Stored entries
__________
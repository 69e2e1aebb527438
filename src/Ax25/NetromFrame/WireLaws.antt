-- ===== src/Ax25/NetromFrame/WireLaws.antt =====
-- Round trips of the wire addresses and aliases.
use bbs.Prelude.{
  ℕ, suc, zero, ◌-◌, ◌*◌, ◌/◌, ◌%◌, ◌≤◌, ◌<◌, ◌≡◌, refl, sym, Bool, true, ◌||◌, [], ◌∷◌, ◌++◌, map,
  none, some, ◌==◌, length, replicate, arith, take_all, length-map, length-append, length-replicate,
  take-append_left, get_or-append_right, Bool-cases, inl, inr, ◌∙◌,
}
use bbs.Text.{Text, upper, is_digit, is_upper, rsplit_dash, decimal}
use bbs.Text.Laws.{parse_int-decimal}
use bbs.Ax25.NetromFrame.Frame.{all_callsign_chars}
use bbs.Ax25.NetromFrame.Wire.{
  Bytes, wire_chars, wire_ssid, show_call, decode_wire_call, to_wire, wire_bytes, encode_wire_call,
}

-- The characters of a callsign: A-Z and 0-9.
abbrev pub is_call_char : ℕ → Bool
is_call_char c = is_digit c || is_upper c

abbrev pub CallChars : Text → Type 0
CallChars [] = Unit
CallChars (c ∷ s) = (is_call_char c ≡ true) × CallChars s

-- What a wire address can carry: at most six capital letters and digits, possibly none, and an SSID
-- from 0 to 15, left out if 0.
pub record IsWireCall (addr : Text) : Type 0 where
  pub call : Text
  pub ssid : ℕ
  pub chars : CallChars call
  pub short : length call ≤ 6
  pub ssid_range : ssid < 16
  pub shown : addr ≡ show_call call ssid

CallChars-append : (s t : Text) → CallChars s → CallChars t → CallChars (s ++ t)
CallChars-append [] t h k = k
CallChars-append (c ∷ s) t h k = (h.0, CallChars-append s t h.1 k)

pub upper-CallChars : (s : Text) → CallChars s → upper s ≡ s
upper-CallChars [] h = refl
upper-CallChars (c ∷ s) h = ground (arith, upper-CallChars s h.1)

pub upper-append : (s t : Text) → upper (s ++ t) ≡ upper s ++ upper t
upper-append [] t = refl
upper-append (c ∷ s) t = rw (upper-append s t)

pub decimal-CallChars : (n : ℕ) → n < 100 → CallChars (decimal n)
unfolding decimal
decimal-CallChars n h = ground arith

rsplit_dash-CallChars : (s : Text) → CallChars s → rsplit_dash s ≡ (s, none)
unfolding rsplit_dash
rsplit_dash-CallChars [] h = refl
rsplit_dash-CallChars (c ∷ s) h = ground (arith, rsplit_dash-CallChars s h.1)

rsplit_dash-append :
    (front back : Text) → CallChars back → rsplit_dash (front ++ 45 ∷ back) ≡ (front, some back)
unfolding rsplit_dash
rsplit_dash-append [] back h = rw (rsplit_dash-CallChars back h)
rsplit_dash-append (c ∷ front) back h = rw (rsplit_dash-append front back h)

pub upper-show_call :
    (call : Text) (ssid : ℕ)
    → CallChars call
    → ssid < 16
    → upper (show_call call ssid) ≡ show_call call ssid
unfolding show_call
upper-show_call call ssid h k = elim (Bool-cases (ssid == 0)) [
  | inl e ↦ rw e (upper-CallChars call h)
  | inr e ↦ rw e (
      rw (upper-append call (45 ∷ decimal ssid)) (
        rw (
          upper-CallChars call h,
          upper-CallChars (decimal ssid) (decimal-CallChars ssid (omega arith)),
        )))
]

encode-show_call :
    (call : Text) (ssid : ℕ)
    → CallChars call
    → ssid < 16
    → encode_wire_call (show_call call ssid) ≡ some (wire_bytes call ssid)
unfolding encode_wire_call
encode-show_call call ssid h k = rw (upper-show_call call ssid h k) (elim (Bool-cases (ssid == 0)) [
  | inl e ↦
      let z : ssid ≡ 0 = ground arith in unfold show_call in rw (z, rsplit_dash-CallChars call h)
  | inr e ↦
      unfold show_call in
      rw (e, rsplit_dash-append call (decimal ssid) (decimal-CallChars ssid (omega arith)))
        (rw (parse_int-decimal ssid (omega arith)) (ground arith))
])

wire_chars-pad : (n : ℕ) → wire_chars (map to_wire (replicate n 32)) ≡ []
unfolding wire_chars
wire_chars-pad zero = refl
wire_chars-pad (suc n) = wire_chars-pad n

wire_chars-ljust :
    (s : Text) (n : ℕ) → CallChars s → wire_chars (map to_wire (s ++ replicate n 32)) ≡ s
unfolding wire_chars
wire_chars-ljust [] n h = wire_chars-pad n
wire_chars-ljust (c ∷ s) n h = ground (arith, wire_chars-ljust s n h.1)

length-padded :
    (call : Text)
    → length call ≤ 6
    → length (map to_wire (call ++ replicate (6 - length call) 32)) ≡ 6
length-padded call h = omega (
  arith,
  length-map (call ++ replicate (6 - length call) 32) to_wire,
  length-append call (replicate (6 - length call) 32),
  length-replicate {A = ℕ} (6 - length call) 32,
)

pub decode_wire_call-append :
    (w : Bytes) (b : ℕ)
    → length w ≡ 6
    → decode_wire_call (w ++ b ∷ []) ≡ show_call (wire_chars w) (wire_ssid b)
unfolding decode_wire_call
decode_wire_call-append w b h =
    rw (take-append_left 6 w (b ∷ []) h) (rw (get_or-append_right 6 w (b ∷ []) 0 h))

callsign_chars-pad : (n : ℕ) → all_callsign_chars (map to_wire (replicate n 32)) ≡ true
unfolding all_callsign_chars
callsign_chars-pad zero = refl
callsign_chars-pad (suc n) = callsign_chars-pad n

callsign_chars-ljust :
    (s : Text) (n : ℕ) → CallChars s → all_callsign_chars (map to_wire (s ++ replicate n 32)) ≡ true
unfolding all_callsign_chars
callsign_chars-ljust [] n h = callsign_chars-pad n
callsign_chars-ljust (c ∷ s) n h = ground (arith, callsign_chars-ljust s n h.1)

-- The wire form of an address: six bytes of characters and an SSID byte whose other bits are 0.
-- Whatever its bit 0 is set to, it reads back as the address.
pub record WireOf (addr : Text) : Type 0 where
  pub first : Bytes
  pub last : ℕ
  pub six : length first ≡ 6
  pub encoded : encode_wire_call addr ≡ some (first ++ last ∷ [])
  pub even : last % 2 ≡ 0
  pub small : last < 32
  pub valid : all_callsign_chars first ≡ true
  pub decoded : (b : ℕ) → b / 2 ≡ last / 2 → decode_wire_call (first ++ b ∷ []) ≡ addr

pub IsWireCall-wire : {addr : Text} → IsWireCall addr → WireOf addr
IsWireCall-wire {addr} c =
    let w = map to_wire (c.call ++ replicate (6 - length c.call) 32) in
    let l : length w ≡ 6 = length-padded c.call c.short in
    record {
      first = w;
      last = c.ssid * 2 % 32;
      six = l;
      encoded =
          rw (c.shown, encode-show_call c.call c.ssid c.chars c.ssid_range)
            (unfold wire_bytes in rw (take_all 6 c.call c.short));
      even = omega arith;
      small = omega arith;
      valid = callsign_chars-ljust c.call (6 - length c.call) c.chars;
      decoded = λ b e.
          decode_wire_call-append w b l
          ∙ (let same : wire_ssid b ≡ c.ssid = omega (arith, c.ssid_range) in
              rw (wire_chars-ljust c.call (6 - length c.call) c.chars, same) (sym c.shown));
    }

-- Encoding a callsign to its 7 wire bytes and decoding them gives the callsign back.
pub decode-encode_wire_call :
    (addr : Text)
    → IsWireCall addr
    → (w : Bytes) × (encode_wire_call addr ≡ some w) × (length w ≡ 7) × (decode_wire_call w ≡ addr)
decode-encode_wire_call addr c =
    let w = IsWireCall-wire c in
    (
      w.first ++ w.last ∷ [],
      w.encoded,
      omega (arith, length-append w.first (w.last ∷ []), w.six),
      w.decoded w.last refl,
    )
__________
**Work order**
The line containing "(decode_wire_call w ≡ addr)" marks where to begin; copy it and every later line exactly, through the end of the data.

**Result**
    → (w : Bytes) × (encode_wire_call addr ≡ some w) × (length w ≡ 7) × (decode_wire_call w ≡ addr)
decode-encode_wire_call addr c =
    let w = IsWireCall-wire c in
    (
      w.first ++ w.last ∷ [],
      w.encoded,
      omega (arith, length-append w.first (w.last ∷ []), w.six),
      w.decoded w.last refl,
    )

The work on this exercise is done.